---------- Supplied data ----------

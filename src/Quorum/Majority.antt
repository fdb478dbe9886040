-- ===== src/Quorum/Majority.antt =====
-- A quorum is a strict majority of the required votes, and only one output can have it.
use gridix_infra.Quorum.Hashes.{hash_eq, hash_eq_iff}
use gridix_infra.Models.Rows.{OutputHash, output_compound, output_text, output_scalar}
use gridix_infra.Quorum.Leader.{listed, leader_counts, leader_tops, leader_rises, count-not_listed}
use gridix_infra.Prelude.{
  [], ltb→ge, List, ◌≡◌, ℕ, false, ◌∷◌, ◌≤◌, true, arith, Bool-cases, ltb, inr, inl, ltb→lt, refl,
  ◌≢◌, ◌+◌, length, Option-cases, sym, ◌∙◌, some, ◌⊎◌, ◌↔◌, none, ◌<◌, ap, or_default, all, Option,
  All,
}
use mathlib.Core.Path.{subst}
use gridix_infra.Quorum.{
  count, leader, AttemptResult, most_common, agreers_of, votes, needed, decide_quorum, quorum_of,
  no_quorum, quorum_outcome, evaluate_quorum, is_countable, QuorumOutcome, is_hashable_output,
}

-- Two different outputs share the votes between them.
count-disjoint :
    (h k : OutputHash) (hs : List OutputHash) → h ≢ k → count h hs + count k hs ≤ length hs
count-disjoint h k [] ne = omega arith
count-disjoint h k (x ∷ hs) ne = elim (Bool-cases (hash_eq x h)) [
  | inl is_h ↦ elim (Bool-cases (hash_eq x k)) [
    | inl is_k ↦ absurd (ne (sym ((hash_eq_iff x h).0 is_h) ∙ (hash_eq_iff x k).0 is_k))
    | inr not_k ↦ ground (arith, count-disjoint h k hs ne, is_h, not_k)
  ]
  | inr not_h ↦ ground (arith, count-disjoint h k hs ne, not_h)
]

hash_eq-apart : (h k : OutputHash) → hash_eq h k ≡ false → h ≢ k
hash_eq-apart h k e p = ground (arith, e, (hash_eq_iff h k).1 p)

pub length-agreers_of :
    (h : OutputHash) (attempts : List AttemptResult)
    → length (agreers_of h attempts) ≡ count h (votes attempts)
length-agreers_of h [] = refl
length-agreers_of h (a ∷ attempts) = elim (Option-cases a.output_hash) [
  | inl e ↦ ground (arith, length-agreers_of h attempts, e)
  | inr (k, e) ↦ ground (arith, length-agreers_of h attempts, e)
]

most_common_tops :
    (h k : OutputHash) (hs : List OutputHash) → count k (h ∷ hs) ≤ (most_common h hs).1
unfolding most_common
most_common_tops h k hs = elim (Bool-cases (listed k hs)) [
  | inl there ↦ leader_tops (h ∷ hs) hs (h, count h (h ∷ hs)) k there
  | inr missing ↦ elim (Bool-cases (hash_eq h k)) [
    | inl same ↦
        subst (λ k. count k (h ∷ hs) ≤ (leader (h ∷ hs) hs (h, count h (h ∷ hs))).1)
          ((hash_eq_iff h k).0 same) (leader_rises (h ∷ hs) hs (h, count h (h ∷ hs)))
    | inr other ↦ ground (arith, count-not_listed k hs missing, other)
  ]
]

most_common_counts :
    (h : OutputHash) (hs : List OutputHash)
    → (most_common h hs).1 ≡ count (most_common h hs).0 (h ∷ hs)
unfolding most_common
most_common_counts h hs = leader_counts (h ∷ hs) hs (h, count h (h ∷ hs)) refl

-- Two outputs cannot both have a strict majority.
majority_unique :
    (h k : OutputHash) (hs : List OutputHash) (redundancy : ℕ)
    → length hs ≤ redundancy
    → needed redundancy ≤ count h hs
    → needed redundancy ≤ count k hs
    → h ≡ k
majority_unique h k hs redundancy enough eh ek = elim (Bool-cases (hash_eq h k)) [
  | inl same ↦ (hash_eq_iff h k).0 same
  | inr other ↦
      absurd (omega (arith, count-disjoint h k hs (hash_eq-apart h k other), enough, eh, ek))
]

winner_of :
    (attempts : List AttemptResult) (redundancy : ℕ) (best : OutputHash × ℕ)
    → ((decide_quorum attempts redundancy best).winning_hash ≡ some best.0
        × needed redundancy ≤ best.1)
      ⊎ ((decide_quorum attempts redundancy best).winning_hash ≡ none × best.1 < needed redundancy)
unfolding decide_quorum
winner_of attempts redundancy (winner, n) = elim (Bool-cases (ltb n (needed redundancy))) [
  | inl few ↦ rw few (inr (refl, ltb→lt _ _ few))
  | inr many ↦ rw many (inl (refl, ltb→ge _ _ many))
]

some_eq : {h k : OutputHash} → some h ≡ some k → h ≡ k
some_eq {h} e = ap (λ o. or_default o h) e

quorum_of_iff :
    (attempts : List AttemptResult) (redundancy : ℕ) (hs : List OutputHash) (h : OutputHash)
    → length hs ≤ redundancy
    → ((quorum_of attempts redundancy hs).winning_hash ≡ some h) ↔ (needed redundancy ≤ count h hs)
unfolding quorum_of
quorum_of_iff attempts redundancy [] h enough =
    (λ e. absurd (ground (arith, e)), λ e. absurd (omega (arith, e)))
quorum_of_iff attempts redundancy (k ∷ hs) h enough =
    let best = most_common k hs in
    elim (winner_of attempts redundancy best) [
      | inl (won, many) ↦ (
        λ e.
            subst (λ h. needed redundancy ≤ count h (k ∷ hs)) (some_eq (sym won ∙ e))
              (subst (λ n. needed redundancy ≤ n) (most_common_counts k hs) many),
        λ e.
            won
            ∙ ap some (
                majority_unique best.0 h (k ∷ hs) redundancy enough
                  (subst (λ n. needed redundancy ≤ n) (most_common_counts k hs) many) e),
      )
      | inr (lost, few) ↦ (
        λ e. absurd (ground (arith, sym lost ∙ e)),
        λ e. absurd (omega (arith, few, e, most_common_tops k h hs)),
      )
    ]

agrees :
    (attempts : List AttemptResult) (redundancy : ℕ) (hs : List OutputHash)
    → votes attempts ≡ hs
    → (quorum_of attempts redundancy hs ≡ no_quorum)
      ⊎ ((h : OutputHash) × ((quorum_of attempts redundancy hs).winning_hash ≡ some h)
          × (needed redundancy ≤ count h (votes attempts))
          × (length (quorum_of attempts redundancy hs).agreers ≡ count h (votes attempts)))
unfolding quorum_of decide_quorum
agrees attempts redundancy [] e = inl refl
agrees attempts redundancy (k ∷ hs) e =
    let best = most_common k hs in
    elim (Bool-cases (ltb best.1 (needed redundancy))) [
      | inl few ↦ rw few (inl refl)
      | inr many ↦ rw many (
          inr (
            best.0,
            refl,
            subst (λ ballots. needed redundancy ≤ count best.0 ballots) (sym e)
                (subst (λ n. needed redundancy ≤ n) (most_common_counts k hs) (ltb→ge _ _ many)),
            length-agreers_of best.0 attempts,
          ))
    ]

quorum_outcome_iff :
    (attempts : List AttemptResult) (redundancy : ℕ) (h : OutputHash)
    → length (votes attempts) ≤ redundancy
    → ((quorum_outcome attempts redundancy).winning_hash ≡ some h)
      ↔ (needed redundancy ≤ count h (votes attempts))
unfolding quorum_outcome
quorum_outcome_iff attempts redundancy h enough =
    quorum_of_iff attempts redundancy (votes attempts) h enough

-- The output hash is neither a list nor an object.
abbrev pub IsHashable : Option OutputHash → Type 0
IsHashable o = ¬ ((n : ℕ) × (o ≡ some (output_compound n)))

-- Each attempt has failed or has such a hash.
abbrev pub IsCountable : List AttemptResult → Type 0
IsCountable attempts = All (λ a. (a.succeeded ≡ false) ⊎ IsHashable a.output_hash) attempts

hashable_output : (o : Option OutputHash) → IsHashable o → is_hashable_output o ≡ true
hashable_output none h = refl
hashable_output (some (output_text t)) h = refl
hashable_output (some (output_scalar n)) h = refl
hashable_output (some (output_compound n)) h = absurd (h (n, refl))

all_counted :
    (attempts : List AttemptResult) → IsCountable attempts → all is_countable attempts ≡ true
all_counted [] hs = refl
all_counted (a ∷ attempts) (inl failed, hs) = rw (failed, all_counted attempts hs) refl
all_counted (a ∷ attempts) (inr h, hs) =
    rw (hashable_output a.output_hash h, all_counted attempts hs) (ground arith)

pub evaluate_quorum-some :
    (attempts : List AttemptResult) (redundancy : ℕ)
    → IsCountable attempts
    → evaluate_quorum attempts redundancy ≡ some (quorum_outcome attempts redundancy)
unfolding evaluate_quorum
evaluate_quorum-some attempts redundancy countable = rw (all_counted attempts countable) refl

-- When no attempt that succeeded has a list or an object for an output hash, and no more attempts
-- voted than the job's redundancy, the quorum raises nothing, and an output wins it exactly when it has a strict majority
-- of the required votes.
pub evaluate_quorum_iff :
    (attempts : List AttemptResult) (redundancy : ℕ) (h : OutputHash)
    → IsCountable attempts
    → length (votes attempts) ≤ redundancy
    → (o : QuorumOutcome) × (evaluate_quorum attempts redundancy ≡ some o)
      × ((o.winning_hash ≡ some h) ↔ (needed redundancy ≤ count h (votes attempts)))
evaluate_quorum_iff attempts redundancy h countable enough = (
  quorum_outcome attempts redundancy,
  evaluate_quorum-some attempts redundancy countable,
  quorum_outcome_iff attempts redundancy h enough,
)

-- Whatever the number of attempts: either no quorum is reached and nobody agrees, or the winning
-- output has a strict majority of the required votes and the agreers are as many as its votes.
pub quorum_outcome_agrees :
    (attempts : List AttemptResult) (redundancy : ℕ)
    → (quorum_outcome attempts redundancy ≡ no_quorum)
      ⊎ ((h : OutputHash) × ((quorum_outcome attempts redundancy).winning_hash ≡ some h)
          × (needed redundancy ≤ count h (votes attempts))
          × (length (quorum_outcome attempts redundancy).agreers ≡ count h (votes attempts)))
unfolding quorum_outcome
quorum_outcome_agrees attempts redundancy = agrees attempts redundancy (votes attempts) refl

quorum_of_cases :
    (attempts : List AttemptResult) (redundancy : ℕ) (hs : List OutputHash)
    → votes attempts ≡ hs
    → (quorum_of attempts redundancy hs ≡ no_quorum)
      ⊎ ((h : OutputHash) × (1 ≤ count h (votes attempts))
          × ((quorum_of attempts redundancy hs).reached ≡ true)
          × ((quorum_of attempts redundancy hs).agreers ≡ agreers_of h attempts))
unfolding quorum_of decide_quorum
quorum_of_cases attempts redundancy [] e = inl refl
quorum_of_cases attempts redundancy (k ∷ hs) e =
    let best = most_common k hs in
    elim (Bool-cases (ltb best.1 (needed redundancy))) [
      | inl few ↦ rw few (inl refl)
      | inr many ↦ rw many (
          inr (
            best.0,
            subst (λ ballots. 1 ≤ count best.0 ballots) (sym e)
                (omega (arith, most_common_counts k hs, ltb→ge best.1 (needed redundancy) many)),
            refl,
            refl,
          ))
    ]

-- A quorum is not reached, or its agreers are those that voted for some output that has a vote.
pub quorum_outcome_cases :
    (attempts : List AttemptResult) (redundancy : ℕ)
    → (quorum_outcome attempts redundancy ≡ no_quorum)
      ⊎ ((h : OutputHash) × (1 ≤ count h (votes attempts))
          × ((quorum_outcome attempts redundancy).reached ≡ true)
          × ((quorum_outcome attempts redundancy).agreers ≡ agreers_of h attempts))
unfolding quorum_outcome
quorum_outcome_cases attempts redundancy = quorum_of_cases attempts redundancy (votes attempts) refl
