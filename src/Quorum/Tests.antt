-- ===== src/Quorum/Tests.antt =====
-- The quorum theorems at concrete votes.
use gridix_infra.Models.Rows.{output_text, output_compound}
use gridix_infra.Quorum.Hashes.{hash_eq}
use gridix_infra.Prelude.{true, some, [], ◌∷◌, List, ◌≡◌, ◌↔◌, ◌≤◌, arith, refl, none, inr}
use gridix_infra.Quorum.{
  AttemptResult, evaluate_quorum, votes, count, needed, quorum_of, decide_quorum, most_common,
  leader, quorum_outcome, QuorumOutcome,
}
use gridix_infra.Quorum.Majority.{evaluate_quorum_iff}

-- Two of three attempts agree.
abbrev three_votes : List AttemptResult
three_votes =
    record { provider_id = 1; output_hash = some (output_text "aa"); succeeded = true }
    ∷ record { provider_id = 2; output_hash = some (output_text "bb"); succeeded = true }
    ∷ record { provider_id = 3; output_hash = some (output_text "aa"); succeeded = true }
    ∷ []

three_votes-disagreers : (quorum_outcome three_votes 3).disagreers ≡ 2 ∷ []
unfolding quorum_outcome quorum_of decide_quorum most_common leader hash_eq
three_votes-disagreers = refl

-- A list for a hash raises.
unhashable_vote :
    evaluate_quorum
      (record { provider_id = 4; output_hash = some (output_compound 2); succeeded = true }
        ∷ three_votes)
      3
    ≡ none
unfolding evaluate_quorum
unhashable_vote = refl

evaluate_quorum_iff_example :
    (o : QuorumOutcome) × (evaluate_quorum three_votes 3 ≡ some o)
    × ((o.winning_hash ≡ some (output_text "aa"))
        ↔ (needed 3 ≤ count (output_text "aa") (votes three_votes)))
evaluate_quorum_iff_example =
    evaluate_quorum_iff three_votes 3 (output_text "aa")
      (inr (λ (n, e). cc), (inr (λ (n, e). cc), (inr (λ (n, e). cc), tt))) (omega arith)
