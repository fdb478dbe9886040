-- ===== src/RateLimit.antt =====
-- api/app/ratelimit.py: fixed-window counters. Redis is a parameter: what a call answered, or
-- `none` where any call to it raised. A request is its identity and its time in seconds.
pub mod Windows
mod Tests
use Prim.Native.String.{◌++◌}
use gridix_infra.Prelude.{
  ℕ, Bool, not, ◌+◌, ◌/◌, Option, none, some, String, List, ltb, leb, or_default,
}
use gridix_infra.Prelude.Dict.{get, put, keep, pair_eq, string_eq, nat_eq, Eq}

abbrev pub Key : Type 0
Key = String × ℕ

instance abbrev pub key_eq : Eq Key
key_eq = pair_eq string_eq nat_eq

-- `_local_windows`
abbrev pub Windows : Type 0
Windows = List (Key × ℕ)

abbrev pub count_in : Key → Windows → ℕ
count_in k windows = or_default (get k windows) 0

-- `k[1] < window - 1`
abbrev pub is_past : ℕ → Key → Bool
is_past window k = ltb (k.1 + 1) window

unfoldable pub bump_local : String → ℕ → Windows → ℕ × Windows
bump_local identity window windows =
    let pruned = keep (λ k. not (is_past window k)) windows in
    let count = count_in (identity, window) pruned + 1 in
    (count, put (identity, window) count pruned)

unfoldable pub check_local : String → ℕ → ℕ → Windows → Bool × Windows
check_local identity window limit windows =
    let (count, rest) = bump_local identity window windows in (leb count limit, rest)

abbrev pub check_by : Option ℕ → String → ℕ → ℕ → Windows → Bool × Windows
check_by none identity window limit windows = check_local identity window limit windows
check_by (some count) identity window limit windows = (leb count limit, windows)

unfoldable pub check_rate_limit : Option ℕ → String → ℕ → ℕ → ℕ → Windows → Bool × Windows
check_rate_limit reply identity limit window_seconds now windows =
    check_by reply identity (now / window_seconds) limit windows

abbrev pub fail_key : String → String
fail_key identity = "gridix:authfail:" ++ identity ++ ":0"

abbrev pub record_by : Option ℕ → String → ℕ → Windows → Windows
record_by none identity window windows = (bump_local (fail_key identity) window windows).1
record_by (some count) identity window windows = windows

unfoldable pub record_auth_failure : Option ℕ → String → ℕ → ℕ → Windows → Windows
record_auth_failure reply identity window_seconds now windows =
    record_by reply identity (now / window_seconds) windows

abbrev pub failures_by : Option ℕ → String → ℕ → Windows → ℕ
failures_by none identity window windows = count_in (fail_key identity, window) windows
failures_by (some count) identity window windows = count

unfoldable pub auth_failures_exceeded : Option ℕ → String → ℕ → ℕ → ℕ → Windows → Bool
auth_failures_exceeded reply identity limit window_seconds now windows =
    leb limit (failures_by reply identity (now / window_seconds) windows)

----------

**Problem:** In the material above, how many lines contain the string "abbrev"? Respond with that number by itself.

**Solved exercise:** 12